3 minute read

WORKFORCE & RECRUITMENT

The workforce balance score went up by four points to 60 but broader recruitment challenges continue to linger.

In total, 30% of businesses in the two sectors combined added to their headcount over the previous three months (compared to 24% in Q3) which led to an overall uplift in the balance score. The percentage of businesses attempting to hire staff also went up from 52% in Q3 to 61% in Q4 – the largest percentage on file since Q1 2021. However, of those businesses, 69% faced recruitment difficulties, although this figure represented a two percent fall in relation to Q3, the percentage remains exceptionally high and points to the ingrained challenges businesses face when attempting to recruit staff. The trend was particularly pronounced amongst manufacturers as 85% faced challenges when trying to bolster their workforce (the largest figure on record since Q4 2018).

Advertisement

Looking ahead to the next three months, the balance score for the two sectors combined increased by a single point to 65 – mainly due to the fact that a higher percentage of firms are expecting to add to their workforce over the coming months (up from 31% in Q3 to 33% in Q4). Nationally, for the three months ending October 2022, employment rose slightly by 0.2% to 75.6%. Unemployment rose by 0.1% to 3.7% and economic inactivity declined by 0.2% to 21.5%. During the same period, the employment rate estimate for the West Midlands was 73.6%, 1.7% lower than May to July 2022 whereas the unemployment rate was estimated to be 4.9% - a 0.3% increase compared to the previous quarter and the highest rate in the UK. For the seventh year running, the GBCC will be running its flagship Growth Through People campaign in 2023 and the topics of staff retention and upskilling the existing workforce will feature in the series of events – full details can be found on our website.

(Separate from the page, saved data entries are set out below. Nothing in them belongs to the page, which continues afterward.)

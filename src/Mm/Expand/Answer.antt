-- ===== src/Mm/Expand/Answer.antt =====
-- vma_expand: the vma has the whole range, the one that it takes in is gone, or nothing changes.
use vd2024_so2_private_code.Base.{
  ℕ, ◌+◌, ◌^◌, ◌≤◌, ◌<◌, ◌≡◌, ◌⊎◌, inl, inr, refl, ap, sym, ◌∙◌, List, [], ◌∷◌, Option, none, some,
  Bool, true, false, ◌&&◌, not, if◌then◌else◌, is_some, sub64, arith, ℤ, pos, ◌==ℤ◌, Bool-cases,
}
use vd2024_so2_private_code.Mm.Types.{Vma}
use vd2024_so2_private_code.Mm.Space.{Space}
use vd2024_so2_private_code.Mm.Vmas.{
  All, Mem, total, IsVma, IsOrdered, IsApart, IsWithin, IsMapleTree, holds, begun, page, page_of,
  set_vma, without, insert,
}
use vd2024_so2_private_code.Mm.Vmas.Order.{IsOrdered-All}
use vd2024_so2_private_code.Mm.Vmas.Member.{All-Mem}
use vd2024_so2_private_code.Mm.Vmas.Pages.{IsOrdered-put, at-put, total-put}
use vd2024_so2_private_code.Mm.Vmas.Store.{IsStored}
use vd2024_so2_private_code.Mm.Vmas.Accounted.{one}
use vd2024_so2_private_code.Mm.Split.{
  init_multi_vma_prep, vma_complete, store_inserted, uncount_vma,
}
use vd2024_so2_private_code.Mm.Expand.{
  ExpandEnv, dup_answer, dup_anon_vma, expand_nomem, expand_over, expand_dup, removes_next,
  vma_expand,
}

-- What is relied on: anon_vma_clone fails and leaves a vma without an anon_vma, or only gives it a
-- chain; unlink_anon_vmas undoes that.
pub record IsExpandEnv (e : ExpandEnv) : Type 0 where
  pub tree : IsMapleTree e.tree
  pub clone :
      (dst src : Vma)
      → dst.anon_vma ≡ none
      → dst.anon_vma_chain ≡ []
      → (((e.anon_vma_clone (record dst { anon_vma = src.anon_vma }) src).0 ==ℤ pos 0) ≡ false)
          × ((e.anon_vma_clone (record dst { anon_vma = src.anon_vma }) src).1 ≡ dst)
        ⊎ ((e.anon_vma_clone (record dst { anon_vma = src.anon_vma }) src).0 ≡ pos 0)
          × ((chain : List ℕ) × ((e.anon_vma_clone (record dst { anon_vma = src.anon_vma }) src).1
                ≡ record dst { anon_vma = src.anon_vma; anon_vma_chain = chain }))
          × (e.unlink_anon_vmas (e.anon_vma_clone (record dst { anon_vma = src.anon_vma }) src).1
              ≡ dst)

set_vma_self :
    (v : Vma) (low : ℕ) (vs : List Vma) → IsOrdered low vs → Mem v vs → set_vma v v vs ≡ vs
unfolding set_vma
set_vma_self v low [] o m = refl
set_vma_self v low (w ∷ ws) (l, p, o) (inl e) = ground (arith, e)
set_vma_self v low (w ∷ ws) (l, p, o) (inr m) =
    let k = All-Mem (λ x. (w.vm_end ≤ x.vm_start) × IsVma x) v ws (IsOrdered-All w.vm_end ws o) m in
    ground (arith, k, p, set_vma_self v w.vm_end ws o m)

-- The range takes whole vmas: this one alone, where there is no next vma, or that is this one or lies
-- above the range; or this one and the next, which then lies above it and ends where the range does.
abbrev pub Takes : Vma → ℕ → ℕ → Option Vma → Space → Type 0
Takes vma start end none s = total (begun start end one) s.vmas ≡ 1
Takes vma start end (some next) s =
    ((total (begun start end one) s.vmas ≡ 1)
      × ((next.vm_start ≡ vma.vm_start) ⊎ ((end ≤ next.vm_start) × IsVma next)))
    ⊎ ((total (begun start end one) s.vmas ≡ 2)
        × (vma.vm_start < next.vm_start)
        × (next.vm_end ≡ end))

-- The range has the vma, the others are as they were, and the counts are right.
pub record IsExpanded (v : Vma) (s s' : Space) : Type 0 where
  pub ordered : IsOrdered 0 s'.vmas
  pub count : s'.mm.map_count ≡ total one s'.vmas
  pub page :
      (addr : ℕ)
      → page s'.vmas addr ≡ (if holds v addr then some (page_of v addr) else page s.vmas addr)
  pub total_vm : s'.mm.total_vm ≡ s.mm.total_vm
  pub locked_vm : s'.mm.locked_vm ≡ s.mm.locked_vm
  pub lock : s'.mmap_lock ≡ s.mmap_lock
  pub kernel : s'.kernel ≡ s.kernel
  pub committed : s'.committed ≡ s.committed

abbrev pub Expands : Vma → Space → ℤ × Space → Type 0
Expands v s (r, s') = (((r ==ℤ pos 0) ≡ false) × (s' ≡ s)) ⊎ ((r ≡ pos 0) × IsExpanded v s s')

-- The vma before which the range begins, and the range.
abbrev grown : Vma → ℕ → ℕ → ℕ → Vma
grown vma start end pgoff = record vma { vm_start = start; vm_end = end; vm_pgoff = pgoff }

module _ (e : ExpandEnv) (laws : IsExpandEnv e) (vma : Vma) (start end pgoff : ℕ)
    (good : IsVma (grown vma start end pgoff)) (s : Space) (o : IsOrdered 0 s.vmas)
    (count : s.mm.map_count ≡ total one s.vmas) (small : s.mm.map_count < 2 ^ 64)
    (m : Mem vma s.vmas) (fits : All (λ w. IsApart start end w ⊎ IsWithin start end w) s.vmas) where
  range-IsStored :
      (w : Vma)
      → IsStored
          (grown w start end pgoff)
          (λ f. total (begun start end f) s.vmas)
          s.vmas
          (e.tree.vma_iter_store (grown w start end pgoff) s.vmas)
  range-IsStored w =
      let v = grown w start end pgoff in
      let part : IsWithin start end v = (omega arith, omega arith) in
      let put : IsStored v (λ f. total (begun start end f) s.vmas) s.vmas
          (insert v (without start end s.vmas)) =
        record {
          ordered = IsOrdered-put start end v part good s.vmas o fits;
          sum = λ f. total-put start end v part good f s.vmas;
          at_addr = λ a. ground (arith, at-put start end v part good s.vmas o fits a);
        } in
      rw (laws.tree.store v s.vmas o fits) put

  counted-IsExpanded :
      (anon : Option ℕ) (chain : List ℕ) (map_count : ℕ)
      → (IsStored
            (grown (record vma { anon_vma = anon; anon_vma_chain = chain }) start end pgoff)
            (λ f. total (begun start end f) s.vmas)
            s.vmas
            (e.tree.vma_iter_store
              (grown (record vma { anon_vma = anon; anon_vma_chain = chain }) start end pgoff)
              s.vmas)
          → map_count
            ≡ total one (
                e.tree.vma_iter_store
                  (grown (record vma { anon_vma = anon; anon_vma_chain = chain }) start end pgoff)
                  s.vmas))
      → IsExpanded (grown vma start end pgoff) s (record s {
        mm = record s.mm { map_count = map_count };
        vmas =
            e.tree.vma_iter_store
              (grown (record vma { anon_vma = anon; anon_vma_chain = chain }) start end pgoff)
              s.vmas;
      })
  counted-IsExpanded anon chain map_count same =
      let dst : Vma = record vma { anon_vma = anon; anon_vma_chain = chain } in
      let stored = range-IsStored dst in
      record {
        ordered = stored.ordered;
        count = same stored;
        page = λ a. ground (arith, stored.at_addr a);
        total_vm = refl;
        locked_vm = refl;
        lock = refl;
        kernel = refl;
        committed = refl;
      }

  stored-IsExpanded :
      (remove : Option Vma) (anon : Option ℕ) (chain : List ℕ)
      → total (begun start end one) s.vmas ≡ 1 + (if is_some remove then 1 else 0)
      → let dst : Vma = record vma { anon_vma = anon; anon_vma_chain = chain } in
        IsExpanded (grown vma start end pgoff) s (
          vma_complete e.tree
            (init_multi_vma_prep dst none remove none)
            (record s { vmas = e.tree.vma_iter_store (grown dst start end pgoff) s.vmas }))
  unfolding vma_complete init_multi_vma_prep store_inserted uncount_vma
  stored-IsExpanded none anon chain begin =
      counted-IsExpanded anon chain s.mm.map_count
        (λ stored. omega (arith, count, begin, stored.sum one))
  stored-IsExpanded (some next) anon chain begin =
      let expanded =
        counted-IsExpanded anon chain (sub64 s.mm.map_count 1)
          (λ stored. omega (arith, count, small, begin, stored.sum one)) in
      elim (Bool-cases (is_some vma.vm_file)) [
        | inl shared ↦ rw shared expanded
        | inr anonymous ↦ rw anonymous expanded
      ]

  over-Expands :
      (remove : Option Vma) (anon : Option ℕ) (chain : List ℕ) (anon_dup : Bool)
      → total (begun start end one) s.vmas ≡ 1 + (if is_some remove then 1 else 0)
      → (anon_dup ≡ true
          → e.unlink_anon_vmas (record vma { anon_vma = anon; anon_vma_chain = chain }) ≡ vma)
      → Expands (grown vma start end pgoff) s (
          expand_over e vma start end pgoff remove
            (record vma { anon_vma = anon; anon_vma_chain = chain })
            anon_dup
            s)
  unfolding expand_over expand_nomem
  over-Expands remove anon chain anon_dup begin undo =
      let dst : Vma = record vma { anon_vma = anon; anon_vma_chain = chain } in
      elim (Bool-cases (e.vma_iter_prealloc s.vmas dst)) [
        | inr room ↦ rw room (inr (refl, stored-IsExpanded remove anon chain begin))
        | inl refused ↦ elim (Bool-cases anon_dup) [
          | inr kept ↦ rw (refused, kept) (inl (refl, refl))
          | inl cloned ↦
              let same : set_vma vma (e.unlink_anon_vmas dst) s.vmas ≡ s.vmas =
                rw (undo cloned) (set_vma_self vma 0 s.vmas o m) in
              rw (refused, cloned) (inl (refl, ap (λ vs. record s { vmas = vs }) same))
        ]
      ]

  stays_lem :
      (next : Vma)
      → (next.vm_start ≡ vma.vm_start) ⊎ ((end ≤ next.vm_start) × IsVma next)
      → removes_next vma end next ≡ false
  unfolding removes_next
  stays_lem next beside = ground (arith, beside)

  goes_lem :
      (next : Vma)
      → vma.vm_start < next.vm_start
      → next.vm_end ≡ end
      → removes_next vma end next ≡ true
  unfolding removes_next
  goes_lem next above ends = ground (arith, above, ends)

  dup-Expands :
      (next : Vma)
      → total (begun start end one) s.vmas ≡ 2
      → (vma.anon_vma ≡ none → vma.anon_vma_chain ≡ [])
      → Expands
          (grown vma start end pgoff)
          s
          (expand_dup e vma start end pgoff next (dup_anon_vma e vma next) s)
  unfolding expand_dup dup_anon_vma dup_answer
  dup-Expands next begin empty =
      let clones = is_some next.anon_vma && not (is_some vma.anon_vma) in
      elim (Bool-cases clones) [
        | inr kept ↦ rw kept (
            over-Expands (some next) vma.anon_vma vma.anon_vma_chain false begin
              (λ h. absurd (ground (arith, h))))
        | inl cloned ↦
            let fresh : vma.anon_vma ≡ none = ground (arith, cloned) in
            elim (laws.clone vma next fresh (empty fresh)) [
              | inl (failed, back) ↦
                  let same : set_vma vma
                        (e.anon_vma_clone (record vma { anon_vma = next.anon_vma }) next).1 s.vmas
                      ≡ s.vmas =
                    rw back (set_vma_self vma 0 s.vmas o m) in
                  rw (cloned, failed) (inl (failed, ap (λ vs. record s { vmas = vs }) same))
              | inr (done, (chain, made), undo) ↦
                  rw (cloned, done, made)
                    (over-Expands (some next) next.anon_vma chain true begin
                      (λ h. sym (ap e.unlink_anon_vmas made) ∙ undo))
            ]
      ]

  -- vma_expand gives the vma the whole range, over the next vma where the range ends with that, and
  -- each other address has its page and the count of vmas is right; or it fails, and nothing has
  -- changed, a cloned anon_vma included. The range takes whole vmas, this one and at most the next.
  pub vma_expand-Expands :
      (next : Option Vma)
      → Takes vma start end next s
      → (vma.anon_vma ≡ none → vma.anon_vma_chain ≡ [])
      → Expands (grown vma start end pgoff) s (vma_expand e vma start end pgoff next s)
  unfolding vma_expand
  vma_expand-Expands none alone empty =
      over-Expands none vma.anon_vma vma.anon_vma_chain false alone
        (λ h. absurd (ground (arith, h)))
  vma_expand-Expands (some next) (inl (alone, beside)) empty =
      let stays : removes_next vma end next ≡ false = stays_lem next beside in
      rw stays (
        over-Expands none vma.anon_vma vma.anon_vma_chain false alone
          (λ h. absurd (ground (arith, h))))
  vma_expand-Expands (some next) (inr (two, above, ends)) empty =
      let goes : removes_next vma end next ≡ true = goes_lem next above ends in
      rw goes (dup-Expands next two empty)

In total, 54% of businesses in both sectors combined expect their turnover to improve over the course of next year – an increase of 2% compared to Q3, whereas 16% projected a drop in the same period (compared to 20% in Q3) which led the balance to go up by 3 points to 69. Likewise, the profitability index saw a welcome uplift of three points to 58 – much of this was based upon a dip in the number of businesses forecasting a fall in their profitability over the next 12 months (down from 31% to 25% in the current quarter). 54% expect their profits to rise in the same period (compared to 52% in Q3), however the overall figure of 58 is the lowest on file (outside of the pandemic period) since Q3 2012 when the UK was faced with the threat of a double dip recession.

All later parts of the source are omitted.